LIMK-1 Le plasmide d'activation CRISPR (h) est un système SAM (synergistic activation mediator) à trois plasmides conçu pour une régulation à la hausse hautement efficace et spécifique du locus LIMK1 dans des lignées cellulaires humaines. Le système s'articule autour d'une Cas9 catalytiquement inactive (dCas9) portant deux mutations inactivantes (D10A et N863A) qui éliminent l'activité nucléase tout en préservant la liaison à l'ADN. Cette dCas9 est fusionnée à VP64, un puissant activateur transcriptionnel, et est co-exprimée avec un gène de résistance à la blasticidine pour la sélection. Le deuxième plasmide code pour la protéine de fusion MS2-p65-HSF1, un complexe activateur secondaire qui agit de concert avec dCas9-VP64, ainsi qu'un gène de résistance à l'hygromycine.

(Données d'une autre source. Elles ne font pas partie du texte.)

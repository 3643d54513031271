-- ===== src/Pool/Wakeup.antt =====
-- When a thread of the pool of src/emi_thread.c sleeps until `emi_cond_wait` wakes up by itself.
use emilib.Prelude.{ℕ, suc, ◌≡◌, refl, ap, false, none, some, List, [], ◌∷◌, ◌++◌, arith}
use emilib.Pool.Worker.{
  starting, testing, blocking, waiting, running, ended, thread_idle, thread_busy, thread_exit,
  unlocked, marked, filled, Worker, wake, Step, locks, finds_none, finds_job, waits, resumes,
  clears, idles, moves, sets_status, sets_func, sets_args, signals_it, Steps, here, next, wakes,
  emi_thread_destroy,
}

-- a thread that sleeps with a job, and that nobody will signal
record IsLost (f : ℕ) (started : List (ℕ × ℕ)) (w : Worker) : Type 0 where
  place : w.place ≡ waiting
  func : w.func ≡ some f
  status : w.status ≡ thread_busy
  stage : w.stage ≡ unlocked
  signals : w.signals ≡ 0
  started_before : w.started ≡ started

Step-IsLost : {w u : Worker} (f : ℕ) (xs : List (ℕ × ℕ)) → IsLost f xs w → Step w u → IsLost f xs u
Step-IsLost f xs l (locks e) = absurd (let q = l.place in cc)
Step-IsLost f xs l (finds_none e k) = absurd (let q = l.place in cc)
Step-IsLost f xs l (finds_job j e k) = absurd (let q = l.place in cc)
Step-IsLost f xs l (waits e) = absurd (let q = l.place in cc)
Step-IsLost f xs l (resumes e) = absurd (let q = l.place in cc)
Step-IsLost f xs l (clears e) = absurd (let q = l.place in cc)
Step-IsLost f xs l (idles e) = absurd (let q = l.place in cc)
Step-IsLost f xs l (moves e s) = absurd (let q = l.place in cc)
Step-IsLost f xs l (sets_status g a s e) = absurd (let q = l.status in cc)
Step-IsLost f xs l (sets_func g a s) = absurd (let q = l.stage in cc)
Step-IsLost f xs l (sets_args a s) = absurd (let q = l.stage in cc)
Step-IsLost f xs l (signals_it n e) = absurd (let q = l.signals in omega arith)

Steps-IsLost :
    {w u : Worker} (f : ℕ) (xs : List (ℕ × ℕ)) → IsLost f xs w → Steps false w u → IsLost f xs u
Steps-IsLost f xs l here = l
Steps-IsLost f xs l (next r s) = Step-IsLost f xs (Steps-IsLost f xs l r) s
Steps-IsLost f xs l (wakes b r e) = absurd (let q = b in cc)

-- a thread that found no job and does not wait yet, to which every signal was sent, while no
-- submission is under way: it can come, without a spurious wake-up, to a state in which it was given
-- a further function, and from which it starts none in any run in which emi_cond_wait does not wake
-- up spuriously
pub job_lost :
    (u : Worker) (f a : ℕ)
    → u.place ≡ blocking
    → u.status ≡ thread_idle
    → u.stage ≡ unlocked
    → u.signals ≡ 0
    → (w : Worker) × Steps false u w
      × (w.given ≡ u.given ++ (f ∷ []))
      × ((v : Worker) → Steps false w v → (v.started ≡ u.started) × (v.func ≡ some f))
job_lost u f a e i s z =
    let u₁ : Worker = record u { status = thread_busy; stage = marked f a } in
    let u₂ : Worker = record u₁ { func = some f; stage = filled a; given = u.given ++ (f ∷ []) } in
    let u₃ : Worker = record u₂ { args = a; stage = unlocked; signals = suc u.signals } in
    let u₄ : Worker = record u₃ { place = wake u.place; signals = u.signals } in
    let w : Worker = record u₄ { place = waiting } in
    let lost : IsLost f u.started w = record {
      place = refl;
      func = refl;
      status = refl;
      stage = refl;
      signals = z;
      started_before = refl;
    } in
    let submitted : Steps false u u₃ =
      next (next (next here (sets_status f a s i)) (sets_func f a refl)) (sets_args a refl) in
    (
      w,
      next (next submitted (signals_it u.signals refl)) (waits (ap wake e)),
      refl,
      λ v r. let l = Steps-IsLost f u.started lost r in (l.started_before, l.func),
    )

-- a thread that waits ends when it is destroyed
pub emi_thread_destroy-waiting :
    (u : Worker)
    → u.place ≡ waiting
    → (w : Worker) × Steps false (emi_thread_destroy u) w × (w.place ≡ ended)
emi_thread_destroy-waiting u e =
    (record (emi_thread_destroy u) { place = ended }, next here (resumes (ap wake e)), refl)

-- a thread that sleeps and was told to end, and that nobody will signal
record IsStranded (w : Worker) : Type 0 where
  place : w.place ≡ waiting
  status : w.status ≡ thread_exit
  stage : w.stage ≡ unlocked
  signals : w.signals ≡ 0

Step-IsStranded : {w u : Worker} → IsStranded w → Step w u → IsStranded u
Step-IsStranded l (locks e) = absurd (let q = l.place in cc)
Step-IsStranded l (finds_none e k) = absurd (let q = l.place in cc)
Step-IsStranded l (finds_job j e k) = absurd (let q = l.place in cc)
Step-IsStranded l (waits e) = absurd (let q = l.place in cc)
Step-IsStranded l (resumes e) = absurd (let q = l.place in cc)
Step-IsStranded l (clears e) = absurd (let q = l.place in cc)
Step-IsStranded l (idles e) = absurd (let q = l.place in cc)
Step-IsStranded l (moves e s) = absurd (let q = l.place in cc)
Step-IsStranded l (sets_status g a s e) = absurd (let q = l.status in cc)
Step-IsStranded l (sets_func g a s) = absurd (let q = l.stage in cc)
Step-IsStranded l (sets_args a s) = absurd (let q = l.stage in cc)
Step-IsStranded l (signals_it n e) = absurd (let q = l.signals in omega arith)

Steps-IsStranded : {w u : Worker} → IsStranded w → Steps false w u → IsStranded u
Steps-IsStranded l here = l
Steps-IsStranded l (next r s) = Step-IsStranded (Steps-IsStranded l r) s
Steps-IsStranded l (wakes b r e) = absurd (let q = b in cc)

-- a new thread that is destroyed before it takes its lock, with no job, no submission under way and
-- no signal on the way: it can come, without a spurious wake-up, to a state from which it does not
-- end in any run in which emi_cond_wait does not wake up spuriously
pub emi_thread_destroy-starting :
    (u : Worker)
    → u.place ≡ starting
    → u.func ≡ none
    → u.stage ≡ unlocked
    → u.signals ≡ 0
    → (w : Worker) × Steps false (emi_thread_destroy u) w
      × ((v : Worker) → Steps false w v → ¬ (v.place ≡ ended))
emi_thread_destroy-starting u e f s z =
    let w : Worker = record (emi_thread_destroy u) { place = waiting } in
    let stranded : IsStranded w = record { place = refl; status = refl; stage = s; signals = z } in
    (
      w,
      next (next (next here (locks (ap wake e))) (finds_none refl f)) (waits refl),
      λ v r q. let l = Steps-IsStranded stranded r in let p = l.place in cc,
    )

-- a thread that looks for a job while a submission is between its writes of `func` and of `args`
-- starts the function with the `args` of its former one
pub args_missed :
    (u : Worker) (f a : ℕ)
    → u.place ≡ testing
    → u.status ≡ thread_idle
    → u.stage ≡ unlocked
    → (w : Worker) × Steps false u w
      × (w.stage ≡ filled a)
      × (w.started ≡ u.started ++ ((f, u.args) ∷ []))
args_missed u f a e i s =
    let u₁ : Worker = record u { status = thread_busy; stage = marked f a } in
    let u₂ : Worker = record u₁ { func = some f; stage = filled a; given = u.given ++ (f ∷ []) } in
    (
      record u₂ { place = running; started = u.started ++ ((f, u.args) ∷ []) },
      next (next (next here (sets_status f a s i)) (sets_func f a refl)) (finds_job f e refl),
      refl,
      refl,
    )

Le troisième plasmide code pour un ARN guide (sgRNA) de 20 nt spécifique de la cible, fusionné à deux aptamères d'ARN MS2 qui recrutent le complexe MS2-p65-HSF1 vers le site d'activation, accompagné d'un gène de résistance à la puromycine. Les trois plasmides sont délivrés dans un rapport massique de 1:1:1 pour une expression équilibrée de tous les composants du système.
Une fois assemblé au locus cible, le complexe SAM se lie à environ 200 pb en amont du site de départ de la transcription LIMK1, où VP64, p65 et HSF1 agissent de concert pour recruter la machinerie transcriptionnelle et induire une régulation à la hausse de l'expression endogène de LIMK-1. Contrairement à Cas9, qui possède une activité nucléase, dCas9 n'introduit pas de cassures double brin ni ne modifie la séquence génomique, préservant ainsi le locus LIMK1 natif et permettant l'étude des réponses transcriptionnelles dépendantes de LIMK-1 au niveau du locus endogène, ce qui en fait un outil précieux pour les études fonctionnelles, l'identification de gènes cibles et la modélisation de la restauration de la voie LIMK-1 dans les cellules tumorales présentant une expression de LIMK1 silencée ou réduite.
Réservé à la recherche. N'est pas destiné à un usage diagnostique ou thérapeutique.